#### INSTRUCTIONS TO FOLLOW
Below are records; how many of their lines contain "after"? Reply with the number and no other words.
------------
-- ===== src/Transport/Codec.antt =====
-- `_pack_parts` and `_unpack` (shard/shard/transport.py): a message as a JSON header and the bytes of its
-- tensors. A tensor is its dtype, its shape and the bytes of its storage.
pub mod Shapes
pub mod Roundtrip
pub mod Delivery
use mathlib.Core.List.{append_assoc}
use shard_glm_image.Base.{
  ℕ, zero, suc, ◌+◌, ◌-◌, ◌*◌, String, ite, if◌then◌else◌, Option, none, some, List, [], ◌∷◌, ◌++◌,
  Bool, true, false, ltb, ◌==◌, length, take, drop, get_elem?, text_discrete,
}
use shard_glm_image.Base.Int.{ℤ, pos, negsuc}
use shard_glm_image.Transport.Bytes.{Bytes, pack_be, unpack_be}

-- What JSON writes as it stands.
pub data Atom : Type 0 where
  null : Atom
  flag : Bool → Atom
  int : ℤ → Atom
  real : ℕ → Atom
  text : String → Atom

mutual
  pub data Json : Type 0 where
    atom : Atom → Json
    arr : Jsons → Json
    obj : Members → Json

  pub data Jsons : Type 0 where
    nil : Jsons
    cons : Json → Jsons → Jsons

  pub data Members : Type 0 where
    end : Members
    member : String → Json → Members → Members

mutual
  pub data Message : Type 0 where
    value : Atom → Message
    tensor : String → List ℕ → Bytes → Message
    seq : Items → Message
    dict : Fields → Message

  pub data Items : Type 0 where
    none_left : Items
    item : Message → Items → Items

  pub data Fields : Type 0 where
    no_field : Fields
    field : String → Message → Fields → Fields

-- `list(t.shape)`
unfoldable pub shape_json : List ℕ → Jsons
shape_json [] = nil
shape_json (d ∷ shape) = cons (atom (int (pos d))) (shape_json shape)

-- The node that stands for the blob with number `n`.
abbrev pub reference : ℕ → String → List ℕ → Json
reference n dtype shape = obj (
    member "__t__" (atom (int (pos n)))
      (member "dtype" (atom (text dtype)) (member "shape" (arr (shape_json shape)) end)))

-- `encode`, after `n` blobs: the JSON, and the blobs that it adds.
unfoldable mutual
  unfolding shape_json

  pub encode : ℕ → Message → Json × List Bytes
  encode n (value a) = (atom a, [])
  encode n (tensor dtype shape blob) = (reference n dtype shape, blob ∷ [])
  encode n (seq xs) = let (js, bs) = encode_items n xs in (arr js, bs)
  encode n (dict fs) = let (ms, bs) = encode_fields n fs in (obj ms, bs)

  pub encode_items : ℕ → Items → Jsons × List Bytes
  encode_items n none_left = (nil, [])
  encode_items n (item x xs) =
      let (j, bs) = encode n x in
      let (js, bs') = encode_items (n + length bs) xs in (cons j js, bs ++ bs')

  pub encode_fields : ℕ → Fields → Members × List Bytes
  encode_fields n no_field = (end, [])
  encode_fields n (field k x fs) =
      let (j, bs) = encode n x in
      let (ms, bs') = encode_fields (n + length bs) fs in (member k j ms, bs ++ bs')

-- `node[key]`
unfoldable pub find_key : Members → String → Option Json
unfolding text_discrete
find_key end key = none
find_key (member k j ms) key = ite (text_discrete k key) (some j) (find_key ms key)

-- `blobs[i]`: a negative index counts from the end.
unfoldable pub blob_at : List Bytes → Json → Option Bytes
blob_at blobs (atom (int (pos i))) = get_elem? blobs i
blob_at blobs (atom (int (negsuc n))) =
    if ltb n (length blobs) then get_elem? blobs (length blobs - suc n) else none
blob_at blobs (atom (flag false)) = get_elem? blobs 0
blob_at blobs (atom (flag true)) = get_elem? blobs 1
blob_at blobs other = none

-- The dims of a shape: each an `int` that is not negative.
unfoldable pub dims_of : Jsons → Option (List ℕ)
dims_of nil = some []
dims_of (cons (atom (int (pos d))) js) = elim (dims_of js) [ none ↦ none | some ds ↦ some (d ∷ ds) ]
dims_of (cons (atom (flag b)) js) = elim (dims_of js) [
  | none ↦ none
  | some ds ↦ some ((if b then 1 else 0) ∷ ds)
]
dims_of (cons other js) = none

unfoldable pub shape_of : Json → Option (List ℕ)
unfolding dims_of
shape_of (arr js) = dims_of js
shape_of other = none

unfoldable pub numel : List ℕ → ℕ
numel [] = 1
numel (d ∷ shape) = d * numel shape

-- `blob_parts`: each blob after its length.
unfoldable pub blob_parts : List Bytes → List Bytes
unfolding pack_be
blob_parts [] = []
blob_parts (b ∷ bs) = pack_be 8 (length b) ∷ b ∷ blob_parts bs

-- The loop of `_unpack` over the blobs, with the number of bytes as fuel.
unfoldable pub split_blobs : ℕ → Bytes → Option (List Bytes)
unfolding unpack_be
split_blobs fuel [] = some []
split_blobs zero (b ∷ bytes) = none
split_blobs (suc fuel) (b ∷ bytes) =
    let size = unpack_be 0 (take 8 (b ∷ bytes)) in
    let body = drop 8 (b ∷ bytes) in
    let rest = split_blobs fuel (drop size body) in
    if ltb (length (b ∷ bytes)) 8
    then none
    else elim rest [ none ↦ none | some bs ↦ some (take size body ∷ bs) ]

-- What `decode` builds of its parts, if they decode.
abbrev pub seq_of : Option Items → Option Message
seq_of none = none
seq_of (some xs) = some (seq xs)

abbrev pub dict_of : Option Fields → Option Message
dict_of none = none
dict_of (some fs) = some (dict fs)

abbrev pub item_of : Option Message → Option Items → Option Items
item_of (some x) (some xs) = some (item x xs)
item_of (some x) none = none
item_of none xs = none

abbrev pub field_of : String → Option Message → Option Fields → Option Fields
field_of k (some x) (some fs) = some (field k x fs)
field_of k (some x) none = none
field_of k none fs = none

-- `dsize` is `_DTYPES` with `_DSIZE`: the bytes of one element of a known dtype, as torch has them.
module _ (dsize : String → Option ℕ) where
  -- A tensor is read only if its shape needs exactly the bytes of its blob.
  unfoldable pub sized : String → Option ℕ → Option (List ℕ) → Option Bytes → Option Message
  unfolding numel
  sized dtype (some size) (some shape) (some blob) =
      if numel shape * size == length blob then some (tensor dtype shape blob) else none
  sized dtype size shape blob = none

  unfoldable pub tensor_of : List Bytes → Json → Option Json → Option Json → Option Message
  unfolding sized shape_of blob_at
  tensor_of blobs i (some (atom (text dtype))) (some shape) =
      sized dtype (dsize dtype) (shape_of shape) (blob_at blobs i)
  tensor_of blobs i dtype shape = none

  -- `if "__t__" in node`
  unfoldable pub object_of :
      List Bytes → Option Json → Option Json → Option Json → Option Message → Option Message
  unfolding tensor_of
  object_of blobs none dtype shape fields = fields
  object_of blobs (some i) dtype shape fields = tensor_of blobs i dtype shape

  -- `decode`
  unfoldable mutual
    unfolding object_of find_key

    pub decode : List Bytes → Json → Option Message
    decode blobs (atom a) = some (value a)
    decode blobs (arr js) = seq_of (decode_items blobs js)
    decode blobs (obj ms) =
        let fields = dict_of (decode_fields blobs ms) in
        object_of blobs (find_key ms "__t__") (find_key ms "dtype") (find_key ms "shape") fields

    pub decode_items : List Bytes → Jsons → Option Items
    decode_items blobs nil = some none_left
    decode_items blobs (cons j js) = item_of (decode blobs j) (decode_items blobs js)

    pub decode_fields : List Bytes → Members → Option Fields
    decode_fields blobs end = some no_field
    decode_fields blobs (member k j ms) = field_of k (decode blobs j) (decode_fields blobs ms)

  -- `json.dumps(..).encode()` and `json.loads`.
  module _ (dumps : Json → Bytes) (loads : Bytes → Option Json) where
    unfoldable pub pack_parts : Message → List Bytes
    unfolding encode blob_parts pack_be
    pack_parts m =
        let (j, blobs) = encode 0 m in
        let head = dumps j in (pack_be 4 (length head) ++ head) ∷ blob_parts blobs

    -- A header and the blobs, if both can be read.
    unfoldable pub opened : Option Json → Option (List Bytes) → Option Message
    unfolding decode
    opened none blobs = none
    opened (some head) none = none
    opened (some head) (some blobs) = decode blobs head

    unfoldable pub unpack : Bytes → Option Message
    unfolding split_blobs unpack_be opened
    unpack buf =
        let size = unpack_be 0 (take 4 buf) in
        let body = drop 4 buf in
        let message = opened (loads (take size body)) (split_blobs (length buf) (drop size body)) in
        if ltb (length buf) 4 then none else message
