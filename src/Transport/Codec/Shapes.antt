-- ===== src/Transport/Codec/Shapes.antt =====
-- Shapes and blobs are read back (shard/shard/transport.py).
use shard_glm_image.Base.{
  ℕ, zero, suc, ◌≤◌, ◌<◌, ◌≡◌, ◌∙◌, refl, sym, ap, Option, none, some, List, [], ◌∷◌, ◌++◌, arith,
  length, take, drop, get_elem?, length-append, All, ltb, Bool-cases, inl, inr,
}
use shard_glm_image.Transport.Bytes.{
  Bytes, pack_be, unpack_be, unpack_be-pack_be, length-pack_be, limit,
}
use shard_glm_image.Transport.Sending.{concat}
use shard_glm_image.Transport.Codec.{shape_json, dims_of, blob_parts, split_blobs}

pub dims_of-shape_json : (shape : List ℕ) → dims_of (shape_json shape) ≡ some shape
unfolding dims_of shape_json
dims_of-shape_json [] = refl
dims_of-shape_json (d ∷ shape) = rw (dims_of-shape_json shape) refl

pub get_elem?-append :
    (pre post : List Bytes) (b : Bytes) → get_elem? (pre ++ b ∷ post) (length pre) ≡ some b
get_elem?-append [] post b = refl
get_elem?-append (a ∷ pre) post b = get_elem?-append pre post b

-- The first part of a text, by its length, and the rest.
pub take_self : (xs ys : Bytes) → take (length xs) (xs ++ ys) ≡ xs
take_self [] ys = refl
take_self (x ∷ xs) ys = ap (◌∷◌ x) (take_self xs ys)

pub drop_self : (xs ys : Bytes) → drop (length xs) (xs ++ ys) ≡ ys
drop_self [] ys = refl
drop_self (x ∷ xs) ys = drop_self xs ys

-- A length of `width` bytes in front of other bytes.
pub take-pack_be : (width n : ℕ) (ys : Bytes) → take width (pack_be width n ++ ys) ≡ pack_be width n
take-pack_be width n ys =
    ap (λ (k : ℕ). take k (pack_be width n ++ ys)) (sym (length-pack_be width n))
    ∙ take_self (pack_be width n) ys

pub drop-pack_be : (width n : ℕ) (ys : Bytes) → drop width (pack_be width n ++ ys) ≡ ys
drop-pack_be width n ys =
    ap (λ (k : ℕ). drop k (pack_be width n ++ ys)) (sym (length-pack_be width n))
    ∙ drop_self (pack_be width n) ys

-- The step of the loop that finds a blob.
abbrev found : Bytes → Option (List Bytes) → Option (List Bytes)
found b none = none
found b (some bs) = some (b ∷ bs)

split_step :
    (fuel : ℕ) (bytes : Bytes)
    → 8 ≤ length bytes
    → split_blobs (suc fuel) bytes
      ≡ found
          (take (unpack_be 0 (take 8 bytes)) (drop 8 bytes))
          (split_blobs fuel (drop (unpack_be 0 (take 8 bytes)) (drop 8 bytes)))
unfolding split_blobs
split_step fuel [] h = absurd (omega arith)
split_step fuel (b ∷ bytes) h = elim (Bool-cases (ltb (suc (length bytes)) 8)) [
  | inl y ↦ absurd (ground (arith, y))
  | inr n ↦ rw n refl
]

-- Blobs that each fit their length prefix are split apart again.
pub split_blobs-blob_parts :
    (bs : List Bytes) (fuel : ℕ)
    → All (λ b. length b < limit 8) bs
    → length (concat (blob_parts bs)) ≤ fuel
    → split_blobs fuel (concat (blob_parts bs)) ≡ some bs
unfolding blob_parts split_blobs
split_blobs-blob_parts [] fuel h e = refl
split_blobs-blob_parts (b ∷ bs) zero h e = absurd (omega arith)
split_blobs-blob_parts (b ∷ bs) (suc fuel) h e =
    let n = length b in
    let rest = concat (blob_parts bs) in
    let bytes = pack_be 8 n ++ (b ++ rest) in
    split_step fuel bytes (omega arith)
    ∙ ap
        (λ (p : Bytes).
          found (take (unpack_be 0 p) (drop 8 bytes))
            (split_blobs fuel (drop (unpack_be 0 p) (drop 8 bytes))))
        (take-pack_be 8 n (b ++ rest))
    ∙ ap (λ (k : ℕ). found (take k (drop 8 bytes)) (split_blobs fuel (drop k (drop 8 bytes))))
        (unpack_be-pack_be 8 n h.0)
    ∙ ap (λ (body : Bytes). found (take n body) (split_blobs fuel (drop n body)))
        (drop-pack_be 8 n (b ++ rest))
    ∙ ap (λ (x : Bytes). found x (split_blobs fuel (drop n (b ++ rest)))) (take_self b rest)
    ∙ ap (λ (x : Bytes). found b (split_blobs fuel x)) (drop_self b rest)
    ∙ ap (found b) (split_blobs-blob_parts bs fuel h.1 (omega (arith, e, length-append b rest)))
------------
#### WRITTEN ANSWER
2